### Source material
Segment Open
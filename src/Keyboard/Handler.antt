-- ===== src/Keyboard/Handler.antt =====
-- keyboard_interrupt_handler and backspace_handler of student-distrib/devices/keyboard.c.
use unix_operation_system.Prelude.{
  ℕ, ◌+◌, ◌-◌, ◌%◌, false, ◌&&◌, ◌||◌, not, [], ◌∷◌, ◌++◌, ltb, leb, ◌==◌, if◌then◌else◌, update,
}
use unix_operation_system.Pic.{send_eoi}
use unix_operation_system.Screen.{Screen, clear, putc_advanced, backspace}
use unix_operation_system.Printf.{printf, word}
use unix_operation_system.State.{Kernel, Keyboard, Terminal}
use unix_operation_system.Keyboard.Scancode.{scancode}
use unix_operation_system.Keyboard.{
  key_buf_size, sti, zeroed, reset_keyboard_buffer, function_key_handle, terminal_switch,
}

-- Parts of the state are replaced.
abbrev pub with_screen : Kernel → Screen → Kernel
with_screen k s = record k { screen = s }

abbrev pub with_keyboard : Kernel → Keyboard → Kernel
with_keyboard k kb = record k { keyboard = kb }

abbrev pub displayed : Kernel → Terminal
displayed k = k.terminal k.display_term

-- A character goes to the screen and to the line buffer.
unfoldable pub push_char : Keyboard → ℕ → Keyboard
push_char kb c = record kb {
  keyboard_buf = update kb.keyboard_buf kb.keybuf_count c;
  keybuf_count = kb.keybuf_count + 1;
}

-- Enter: the line is closed and handed to terminal_read.
unfoldable pub enter : Kernel → Kernel
enter k =
    let kb = k.keyboard in
    let count = kb.keybuf_count + 1 in
    let at = if count == key_buf_size - 2 then kb.keybuf_count + 1 else kb.keybuf_count in
    record k {
      screen = putc_advanced k.screen b'\n';
      keyboard = record kb { keyboard_buf = update kb.keyboard_buf at b'\n'; keybuf_count = 0 };
      terminal =
          update k.terminal k.display_term (record (displayed k) { count = count; read_flag = 1 });
    }

-- Ctrl and L. The terminal that terminal_reset changes is a copy, which is dropped.
unfoldable pub clear_line : Kernel → Kernel
unfolding reset_keyboard_buffer
clear_line k =
    let kb = reset_keyboard_buffer k.keyboard in
    let told = printf (clear k.screen) "Current Terminal:%d \n" (word k.display_term ∷ []) in
    record k {
      screen = printf told "391OS> " [];
      keyboard = record kb { keyboard_buf = zeroed kb.keyboard_buf key_buf_size; keybuf_count = 0 };
    }

unfoldable pub backspace_handler : Kernel → Kernel
backspace_handler k =
    let kb = k.keyboard in
    let last = kb.keybuf_count - 1 in
    record k {
      keyboard = record kb { keybuf_count = last };
      screen =
          if kb.keyboard_buf last == b'\t'
          then backspace (backspace (backspace (backspace k.screen)))
          else backspace k.screen;
    }

-- Four blanks on the screen stand for a tab.
unfoldable pub tab : Kernel → Kernel
unfolding push_char
tab k = record k {
  screen =
      putc_advanced (putc_advanced (putc_advanced (putc_advanced k.screen b' ') b' ') b' ') b' ';
  keyboard = push_char k.keyboard b'\t';
}

-- The body of the test of the key's range: `value` is the key's character, already shifted, and
-- `shifted` the one with shift.
unfoldable pub type_key : Kernel → ℕ → ℕ → Kernel
unfolding push_char enter clear_line backspace_handler tab
type_key k value shifted =
    let kb = k.keyboard in
    let c = if (leb b'a' value && leb value b'z') && (kb.caps_lock == 1) then shifted else value in
    if value == b'\n'
    then enter k
    else if (kb.ctrl_buf == 1) && ((value == b'l') || (value == b'L'))
    then clear_line k
    else if value == 8
    then (if kb.keybuf_count == 0 then k else backspace_handler k)
    else if value == b'\t'
    then tab k
    else record k { screen = putc_advanced k.screen c; keyboard = push_char kb c }

-- What follows when the key is neither a function key nor switches terminals
unfoldable pub ordinary_key : (ℕ → ℕ × ℕ) → Kernel → ℕ → Kernel
unfolding type_key
ordinary_key beyond k key =
    let (value, shifted) = scancode beyond key in
    let term = displayed k in
    if (term.pingping_flag == 1) || ((term.fish_flag == 1) || (term.grep_flag == 1))
    then k
    else if (k.keyboard.keybuf_count == key_buf_size - 1) && not ((value == b'\n') || (value == 8))
    then k
    else if ltb 1 key && leb key 58
    then type_key k (if k.keyboard.shift_buf == 1 then shifted else value) shifted
    else k

-- The whole handler: the byte from the port is `inb`, and `beyond` is what stands behind the table
-- of characters. Interrupts are off while it runs, and on when it returns.
unfoldable pub keyboard_interrupt_handler : (ℕ → ℕ × ℕ) → Kernel → ℕ → Kernel
unfolding ordinary_key
keyboard_interrupt_handler beyond k inb =
    let key = inb % 256 in
    let started : Kernel = record k {
      interrupts_on = false;
      ports = k.ports ++ send_eoi 1;
      keyboard = record (k.keyboard) { write_flag = 1 };
    } in
    let (function_key, kb) = function_key_handle started.keyboard key in
    let handled = with_keyboard started kb in
    let (switched, k') = terminal_switch handled key in
    if function_key == 1
    then sti handled
    else if switched == 1
    then sti k'
    else sti (ordinary_key beyond k' key)
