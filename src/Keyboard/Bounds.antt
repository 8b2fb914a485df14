-- ===== src/Keyboard/Bounds.antt =====
-- The line buffer is never written past its end, whatever keys come.
use unix_operation_system.Prelude.{
  ℕ, ◌-◌, ◌%◌, ◌≤◌, ◌<◌, ◌≡◌, ◌≢◌, refl, true, false, ◌&&◌, ◌||◌, not, ◌++◌, ltb, leb, ◌==◌, ◌⊎◌,
  arith, if◌then◌else◌, both_branches, each_branch, ◌∙◌,
}
use unix_operation_system.State.{Kernel, Keyboard}
use unix_operation_system.Pic.{send_eoi}
use unix_operation_system.Keyboard.Scancode.{scancode, scancode-same}
use unix_operation_system.Keyboard.{
  key_buf_size, sti, function_key_switch, function_key_handle, terminal_switch, change_terminal,
  display_of,
}
use unix_operation_system.Keyboard.Handler.{type_key, ordinary_key, keyboard_interrupt_handler}

-- The line being typed, and those of the other terminals, leave the last byte of the buffer free.
pub record IsValid (kb : Keyboard) : Type 0 where
  pub count : kb.keybuf_count ≤ key_buf_size - 1
  pub counts : (t : ℕ) → kb.keybuf_count_arr t ≤ key_buf_size - 1

-- Nothing behind the buffer differs.
abbrev pub Inside : Keyboard → Keyboard → Type 0
Inside kb kb' = (p : ℕ) → key_buf_size ≤ p → kb'.keyboard_buf p ≡ kb.keyboard_buf p

pub record Safe (kb kb' : Keyboard) : Type 0 where
  pub valid : IsValid kb'
  pub inside : Inside kb kb'

function_key_switch-Safe :
    {kb : Keyboard} (key : ℕ) → IsValid kb → Safe kb (function_key_switch kb key).1
unfolding function_key_switch
function_key_switch-Safe key v = record {
  valid = record { count = ground (arith, v.count); counts = λ t. ground (arith, v.counts t) };
  inside = λ p h. ground arith;
}

function_key_handle-Safe :
    {kb : Keyboard} (key : ℕ) → IsValid kb → Safe kb (function_key_handle kb key).1
unfolding function_key_handle
function_key_handle-Safe {kb} key v =
    let s = function_key_switch-Safe key v in
    record {
      valid = record {
        count = ground (arith, s.valid.count);
        counts = λ t. ground (arith, s.valid.counts t);
      };
      inside = λ p h. ground (arith, s.inside p);
    }

change_terminal-Safe :
    (k : Kernel) (next : ℕ) → IsValid k.keyboard → Safe k.keyboard (change_terminal k next).keyboard
unfolding change_terminal
change_terminal-Safe k next v = record {
  valid = record {
    count = ground (arith, v.count, v.counts (next - 1));
    counts = λ t. ground (arith, v.count, v.counts t);
  };
  inside = λ p h. ground arith;
}

terminal_switch-Safe :
    (k : Kernel) (key : ℕ) → IsValid k.keyboard → Safe k.keyboard (terminal_switch k key).1.keyboard
unfolding terminal_switch
terminal_switch-Safe k key v =
    let s = change_terminal-Safe k (display_of key) v in
    record {
      valid = record {
        count = ground (arith, v.count, s.valid.count);
        counts = λ t. ground (arith, v.counts t, s.valid.counts t);
      };
      inside = λ p h. ground (arith, s.inside p h);
    }

type_key-Safe :
    (k : Kernel) (value shifted : ℕ)
    → IsValid k.keyboard
    → (k.keyboard.keybuf_count ≡ key_buf_size - 1 → (value ≡ b'\n') ⊎ (value ≡ 8))
    → Safe k.keyboard (type_key k value shifted).keyboard
unfolding type_key
type_key-Safe k value shifted v room = record {
  valid = record { count = ground (arith, v.count); counts = λ t. ground (arith, v.counts t) };
  inside = λ p h. ground (arith, v.count);
}

Safe-refl : {kb : Keyboard} → IsValid kb → Safe kb kb
Safe-refl v = record { valid = v; inside = λ p h. refl }

-- The guard on a full buffer looks at the character without shift, the key is then handled with the
-- shifted one: the two are the same where they matter.
room_for :
    (beyond : ℕ → ℕ × ℕ) (kb : Keyboard) (key : ℕ)
    → key ≢ 58
    → ((kb.keybuf_count == key_buf_size - 1)
        && not (((scancode beyond key).0 == b'\n') || ((scancode beyond key).0 == 8)))
      ≡ false
    → (ltb 1 key && leb key 58) ≡ true
    → kb.keybuf_count ≡ key_buf_size - 1
    → let value = if kb.shift_buf == 1 then (scancode beyond key).1 else (scancode beyond key).0 in
      (value ≡ b'\n') ⊎ (value ≡ 8)
room_for beyond kb key ne guard range full =
    let below : key < 58 = ground (arith, ne, range) in
    let is : ((scancode beyond key).0 ≡ b'\n') ⊎ ((scancode beyond key).0 ≡ 8) =
      ground (arith, guard, full) in
    let same = scancode-same beyond key below is in ground (arith, same, is)

ordinary_key-Safe :
    (beyond : ℕ → ℕ × ℕ) (k : Kernel) (key : ℕ)
    → IsValid k.keyboard
    → key ≢ 58
    → Safe k.keyboard (ordinary_key beyond k key).keyboard
unfolding ordinary_key
ordinary_key-Safe beyond k key v ne =
    let value = (scancode beyond key).0 in
    let P = λ (k' : Kernel). Safe k.keyboard k'.keyboard in
    both_branches P _ (Safe-refl v) (
      each_branch P _ (λ e. Safe-refl v)
        (λ full.
          each_branch P _
            (λ range.
              type_key-Safe k _ (scancode beyond key).1 v
                (room_for beyond k.keyboard key ne full range))
            (λ e. Safe-refl v)))

-- A function key is known by its own code, and caps lock, code 58, is one of them.
not_caps_lock : (kb : Keyboard) (key : ℕ) → ((function_key_handle kb key).0 == 1) ≡ false → key ≢ 58
unfolding function_key_handle function_key_switch
not_caps_lock kb key h e = ground (arith, h, e)

Safe-trans : {a b c : Keyboard} → Safe a b → Safe b c → Safe a c
Safe-trans s t = record { valid = t.valid; inside = λ p h. t.inside p h ∙ s.inside p h }

-- When the line and the saved lines have at most 127 characters, the handler, whatever byte the
-- keyboard sends, writes nothing behind the line buffer, and leaves at most 127 characters in the
-- line and in the saved lines.
pub keyboard_interrupt_handler-Safe :
    (beyond : ℕ → ℕ × ℕ) (k : Kernel) (inb : ℕ)
    → IsValid k.keyboard
    → Safe k.keyboard (keyboard_interrupt_handler beyond k inb).keyboard
unfolding keyboard_interrupt_handler
keyboard_interrupt_handler-Safe beyond k inb v =
    let P = λ (k' : Kernel). Safe k.keyboard k'.keyboard in
    let started : Keyboard = record (k.keyboard) { write_flag = 1 } in
    let ready : Safe k.keyboard started = record {
      valid = record { count = v.count; counts = v.counts };
      inside = λ p h. refl;
    } in
    let handled : Kernel = record k {
      interrupts_on = false;
      ports = k.ports ++ send_eoi 1;
      keyboard = (function_key_handle started (inb % 256)).1;
    } in
    let s = Safe-trans ready (function_key_handle-Safe (inb % 256) ready.valid) in
    let k' = (terminal_switch handled (inb % 256)).1 in
    let t : Safe k.keyboard k'.keyboard =
      Safe-trans s (terminal_switch-Safe handled (inb % 256) s.valid) in
    each_branch P ((function_key_handle started (inb % 256)).0 == 1) {x = sti handled} (λ e. s)
      (λ other.
        both_branches P ((terminal_switch handled (inb % 256)).0 == 1) {x = sti k'}
          {y = sti (ordinary_key beyond k' (inb % 256))} t
          (Safe-trans t (
            ordinary_key-Safe beyond k' (inb % 256) t.valid
              (not_caps_lock started (inb % 256) other))))
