-- ===== src/Assign/Tests.antt =====
-- Runs of the reconciler with a commander that takes one profile of two.
use cairn_mdm.Prelude.{
  ℕ, String, Bool, not, ◌&&◌, [], ◌∷◌, ◌≡◌, refl, if◌then◌else◌, string_eq, ◌==◌,
}
use cairn_mdm.Sql.{ok, err, driver, working, stmt, pure, catch, ◌>>=◌}
use cairn_mdm.Storage.Fleet.{Fleet, Profile}
use cairn_mdm.Storage.Fleet.Groups.{
  to_deploy, profiles_to_deploy, mark_deploy_sent, group_device_ids,
}
use cairn_mdm.Assign.{Commander, reconcile_device, reconcile_group}
use cairn_mdm.Assign.Settling.{IsDelivering, reconcile_device-settles}

abbrev takes : String → Bool
takes bytes = bytes == "wifi"

abbrev picky : Commander
picky = record {
  send = λ bytes device c.
      (if takes bytes then ok "u1" else err driver, record { rows = c.rows; faults = [] });
}

abbrev picky-IsDelivering : IsDelivering picky
picky-IsDelivering = record {
  accepts = λ bytes device. takes bytes;
  uuid = λ bytes device f. "u1";
  after = λ bytes device f. f;
  sends = λ bytes device f. refl;
  keeps = λ bytes device f. record {
    profiles = refl;
    members = refl;
    assignments = refl;
    deploys = refl;
  };
}

abbrev profile : ℕ → String → Profile
profile id bytes = record {
  id = id;
  identifier = bytes;
  uuid = "";
  name = bytes;
  organization = "";
  payload_types = "";
  source = "upload";
  bytes = bytes;
  created_at = 1;
  updated_at = 1000;
}

abbrev school : Fleet
school = record {
  devices = [];
  profiles = profile 1 "wifi" ∷ profile 2 "vpn" ∷ profile 3 "mail" ∷ [];
  groups = record { id = 7; name = "staff"; description = ""; created_at = 1 } ∷ [];
  members = record { group_id = 7; device_id = "mac" } ∷ [];
  assignments =
      record { group_id = 7; profile_id = 1 } ∷ record { group_id = 7; profile_id = 2 } ∷ [];
  deploys = [];
  history = [];
}

reconcile_tests :
    ((reconcile_device picky 50 "mac" (working school)).1.rows.deploys
      ≡ record {
        device_id = "mac";
        profile_id = 1;
        command_uuid = "u1";
        profile_updated_at = 1000;
        status = "sent";
        updated_at = 50;
      }
        ∷ [])
    × ((reconcile_group picky 50 7 (working school)).1.rows.deploys ≡ [])
unfolding reconcile_device reconcile_group profiles_to_deploy group_device_ids mark_deploy_sent stmt
    pure catch ◌>>=◌
reconcile_tests = (refl, refl)

reconcile_device-settles_example :
    ((reconcile_device picky 50 "mac" (working school)).0 ≡ ok tt)
    × (to_deploy (reconcile_device picky 50 "mac" (working school)).1.rows "mac" (profile 1 "wifi")
        ≡ (to_deploy school "mac" (profile 1 "wifi") && not (takes "wifi")))
reconcile_device-settles_example =
    reconcile_device-settles picky picky-IsDelivering 50 "mac" school (profile 1 "wifi")
      (refl, (refl, (refl, tt))) refl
Segment Closed
Of all the entries above, retype exactly the lines from the line with "profiles = refl;" to the line with "school)).0 ≡ ok tt)", both included, and no others.

### Response to the exercise
    profiles = refl;
    members = refl;
    assignments = refl;
    deploys = refl;
  };
}

abbrev profile : ℕ → String → Profile
profile id bytes = record {
  id = id;
  identifier = bytes;
  uuid = "";
  name = bytes;
  organization = "";
  payload_types = "";
  source = "upload";
  bytes = bytes;
  created_at = 1;
  updated_at = 1000;
}

abbrev school : Fleet
school = record {
  devices = [];
  profiles = profile 1 "wifi" ∷ profile 2 "vpn" ∷ profile 3 "mail" ∷ [];
  groups = record { id = 7; name = "staff"; description = ""; created_at = 1 } ∷ [];
  members = record { group_id = 7; device_id = "mac" } ∷ [];
  assignments =
      record { group_id = 7; profile_id = 1 } ∷ record { group_id = 7; profile_id = 2 } ∷ [];
  deploys = [];
  history = [];
}

reconcile_tests :
    ((reconcile_device picky 50 "mac" (working school)).1.rows.deploys
      ≡ record {
        device_id = "mac";
        profile_id = 1;
        command_uuid = "u1";
        profile_updated_at = 1000;
        status = "sent";
        updated_at = 50;
      }
        ∷ [])
    × ((reconcile_group picky 50 7 (working school)).1.rows.deploys ≡ [])
unfolding reconcile_device reconcile_group profiles_to_deploy group_device_ids mark_deploy_sent stmt
    pure catch ◌>>=◌
reconcile_tests = (refl, refl)

reconcile_device-settles_example :
    ((reconcile_device picky 50 "mac" (working school)).0 ≡ ok tt)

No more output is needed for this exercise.